Про войну-то мало говорили. Больше про довоенное. И про политику.

Вспомнился и родной брат отца, дядя Коли, Александр Алексеевич Безызвестных. Высокий, статный и красивый. Голубоглазый. С гривой белых, седых, волос. С усами, белыми же, вверх закрученными, как у Чапаева. С черными бровями. Ушел он лет десять назад, прихватив с собой синее капроновое ведерко, в тайгу за шиповником — и не вернулся. Долго его искали, так и не нашли. Летом, в плохую и хорошую погоду, и зимой, даже в пятидесятиградусные морозы, ходил он по Ялани в одних трусах и майке, в брезентовом плаще поверх, в резиновых, литых, сапогах. В магазине всегда тихо и скромно выстаивал очередь, пропустить себя вперед не требовал, как поступали некоторые участники, тряся перед всеми удостоверением участника войны. Дождавшись своей очереди, продавцу говорил Александр Алексеевич: будьте любезны мне, мол, бутылочку и банку кильки. Ему давали. А вот курить он не курил. Чинил Александр Алексеевич в конюховке яланского рыбкоопа конскую упряжь и джижурил на проходной яланской МТС «Полярная». Нигде претензий к нему, нареканий не было. Был исполнительный, все делал добросовестно.

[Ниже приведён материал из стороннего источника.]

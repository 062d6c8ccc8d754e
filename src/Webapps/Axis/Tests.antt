-- ===== src/Webapps/Axis/Tests.antt =====
-- The theorems on the chart's numbers, at a few response times.
use domain_ssl_checker.Webapps.Axis.{nice_max, label_index, label_count, magnitude}
use domain_ssl_checker.Webapps.Axis.Laws.{label_index_lem}
use domain_ssl_checker.Doubles.{math_round, times, quotient, round_even, scale_from}
use domain_ssl_checker.Base.{◌≡◌, arith, refl, ◌-◌, ◌<◌}

nice_max_340 : nice_max 340 ≡ 500
unfolding nice_max magnitude
nice_max_340 = refl

label_index_example :
    let index = label_index (label_count 452 5) 5 in
    (index 0 ≡ 0) × (index (label_count 452 5 - 1) ≡ 4) × (index 2 < 5)
unfolding label_count
label_index_example = label_index_lem 452 5 2 (omega arith) (omega arith)

-- The label at 31.5, whose double is below it
label_index_7_of_11 : label_index 11 46 7 ≡ 31
unfolding label_index math_round times quotient round_even scale_from
label_index_7_of_11 = refl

Мать Колина, Галина Харитоновна, говорила про своего деверя:

— До войны он, Александр, таким не был. На фронт ушел, как все, нормальный. Пришел другим. Контузило. Вобше-то безобидный. Отдаст с себя последнюю рубаху, она была бы — все раздал. В доме-то стол да табуретка — вся мебелишка. Спит возле печки, на полу.

Сидели они как-то — Коля, маленький еще тогда, дошкольник, и его родной, но странный дядя Саня — на берегу Бобровки, рыбачили на ершей.

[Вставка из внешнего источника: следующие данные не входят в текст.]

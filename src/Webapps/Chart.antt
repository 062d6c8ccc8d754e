-- ===== src/Webapps/Chart.antt =====
-- The chart of the details of a web app between two events: `openWebAppDetail` with the parts that the
-- chart needs, the buttons of the duration, and `loadWebappChart`, cut where it waits for its data. A
-- point of the data is its response time; a time that is null is left out.
pub mod Laws
mod Tests
use domain_ssl_checker.Webapps.Axis.{ChartStats, stats_of_times}
use domain_ssl_checker.Base.{
  ℕ, Bool, List, Option, none, ◌==◌, some, ◌∷◌, if◌then◌else◌, ◌&&◌, [], ◌||◌,
}

-- `cacheKey`: the web app and the hours
pub record ChartKey : Type 0 where
  pub webapp : ℕ
  pub hours : ℕ

abbrev pub same_key : ChartKey → ChartKey → Bool
same_key a b = a.webapp == b.webapp && a.hours == b.hours

pub data Chart : Type 0 where
  -- "Loading...", "Not enough data for this period", "Failed to load"
  loading not_enough failed : Chart
  -- The line through these times.
  line : List ℕ → Chart

pub record ChartState : Type 0 where
  -- `_detailWebappId` and `_detailChartHours`, which also marks the active button
  pub webapp : Option ℕ
  pub hours : ℕ
  -- `_detailChartCache`
  pub cached : List (ChartKey × List ℕ)
  -- The requests that wait for their answer.
  pub waiting : List ChartKey
  pub chart : Chart
  -- The four texts; `none` is the dashes.
  pub stats : Option ChartStats

abbrev pub cached_times : ChartKey → List (ChartKey × List ℕ) → Option (List ℕ)
cached_times k [] = none
cached_times k ((j, ts) ∷ cs) = if same_key j k then some ts else cached_times k cs

-- The callback of `dataPromise.then`, after the cache
unfoldable pub draw : List ℕ → ChartState → ChartState
draw ts s = elim (stats_of_times ts) [
  | none ↦ record s { chart = not_enough }
  | some st ↦ record s { chart = line ts; stats = some st }
]

abbrev pub cleared : ChartState → ChartState
cleared s = record s { chart = loading; stats = none }

abbrev pub load_key : ChartKey → ChartState → ChartState
load_key k s = elim (cached_times k s.cached) [
  | none ↦ record (cleared s) { waiting = k ∷ s.waiting }
  | some ts ↦ draw ts (cleared s)
]

-- `loadWebappChart`. Data of the cache is drawn before any other event.
unfoldable pub load_webapp_chart : ChartState → ChartState
load_webapp_chart s = elim s.webapp [
  | none ↦ s
  | some id ↦ load_key (record { webapp = id; hours = s.hours }) s
]

unfoldable pub open_chart : ℕ → ChartState → ChartState
open_chart id s = load_webapp_chart (record s { webapp = some id; cached = [] })

-- A click on a button of the duration, whose hours are not 0.
unfoldable pub choose_hours : ℕ → ChartState → ChartState
choose_hours h s = if h == 0 || s.hours == h then s else load_webapp_chart (record s { hours = h })

abbrev pub without_key : ChartKey → List ChartKey → List ChartKey
without_key k [] = []
without_key k (j ∷ js) = if same_key j k then js else j ∷ without_key k js

-- The answer to one of the requests, with data or with a failure.
unfoldable pub receive_chart : ChartKey → Option (List ℕ) → ChartState → ChartState
receive_chart k none s = record s { waiting = without_key k s.waiting; chart = failed }
receive_chart k (some ts) s =
    draw ts (record s { waiting = without_key k s.waiting; cached = (k, ts) ∷ s.cached })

— Ты можешь шлепать, шлепать, шлепать, шлепать до Боженьки, год или два, да хоть всю жизнь, — сказал тогда среди прочего разговора дядя Саня, — так до Него и не дошлепать. А почему?

— А почему? — спросил, помнит, Коля.

— А потому, милый мой, что от тебя до Него бесконечность, — ответил дядя Саня.

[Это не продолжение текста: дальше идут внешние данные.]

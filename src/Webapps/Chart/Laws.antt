-- ===== src/Webapps/Chart/Laws.antt =====
-- What the chart shows after an answer, in time or too late.
use domain_ssl_checker.Webapps.Chart.{
  ChartKey, ChartState, receive_chart, choose_hours, open_chart, load_webapp_chart, draw,
  cached_times, same_key, line,
}
use domain_ssl_checker.Webapps.Axis.{ChartStats, stats_of_times}
use domain_ssl_checker.Base.{ℕ, ◌≡◌, true, List, arith, some, ◌==◌, none, false, ◌||◌, ◌∷◌}

-- The key of what is chosen.
abbrev pub key_of : ℕ → ℕ → ChartKey
key_of id h = record { webapp = id; hours = h }

same_key_self : (k : ChartKey) → same_key k k ≡ true
same_key_self k = ground arith

-- Where the details of a web app are open, and two durations, the first not the chosen one, are not
-- loaded yet: choosing the first, its answer, choosing the second, its answer, and choosing the first
-- again shows the times and the numbers of the first, with no further request.
pub choose_again_lem :
    (id h k : ℕ) (ts us : List ℕ) (st : ChartStats) (s : ChartState)
    → s.webapp ≡ some id
    → cached_times (key_of id h) s.cached ≡ none
    → cached_times (key_of id k) s.cached ≡ none
    → (h == k) ≡ false
    → (h == 0 || s.hours == h) ≡ false
    → (k == 0) ≡ false
    → stats_of_times ts ≡ some st
    → let first = receive_chart (key_of id h) (some ts) (choose_hours h s) in
      let second = receive_chart (key_of id k) (some us) (choose_hours k first) in
      let again = choose_hours h second in
      (again.chart ≡ line ts) × (again.stats ≡ some st) × (again.waiting ≡ s.waiting)
unfolding receive_chart choose_hours load_webapp_chart draw
choose_again_lem id h k ts us st s w a b apart new pos_k enough =
    ground (arith, same_key_self (key_of id h), same_key_self (key_of id k))

-- The details of a web app are opened, and then those of another one, before the answer to the first
-- request. Both requests wait; if the answer to the first comes last, with two times or more, its line
-- and its numbers are shown under the other web app.
pub late_answer_shows :
    (id other : ℕ) (ts us : List ℕ) (st : ChartStats) (s : ChartState)
    → stats_of_times us ≡ some st
    → let opened = open_chart other (open_chart id s) in
      let late =
        receive_chart
          (key_of id s.hours)
          (some us)
          (receive_chart (key_of other s.hours) (some ts) opened) in
      (opened.waiting ≡ key_of other s.hours ∷ key_of id s.hours ∷ s.waiting)
      × (late.webapp ≡ some other)
      × (late.waiting ≡ s.waiting)
      × (late.chart ≡ line us)
      × (late.stats ≡ some st)
unfolding receive_chart open_chart load_webapp_chart draw
late_answer_shows id other ts us st s enough =
    ground (arith, same_key_self (key_of id s.hours), same_key_self (key_of other s.hours))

— Как от Ялани до Колесниковой?

— Как никуда от ниоткуда... А Он до тебя в один момент может добраться: хлоп — и готово! А почему?

— А почему?

— А потому, милый ты мой, что между тобой и Боженькой нет расстояния. Тебе понятно?

— Нет.

— Ну, еще рано. Подрасти.

Господи, упокой и Александра. Где его кости?.. Где и все. Когда восстанут... У Бога нет ни мертвых, ни потерянных...

Подошли Истомин Николай и Фоминых Гриша. У Николая в руках пакет. У Гриши — табуретка. Оба в легких, демисезонных, куртках. Ни шапки, ни кепки на голове ни у того, ни у другого.

— Не жарко, — говорит Гриша.

— Здорово, — говорит Истомин Николай.

— Заходите, — отвечает им Коля.

Вошли Николай и Гриша в оградку. Смотрит Гриша на крест и спрашивает:

— Он шестьдесят всего прожил, дядя Сергей-то?

— Шестьдесят, — говорит Коля.

— Мало, — говорит Гриша. — Он тети Гали-то был старше?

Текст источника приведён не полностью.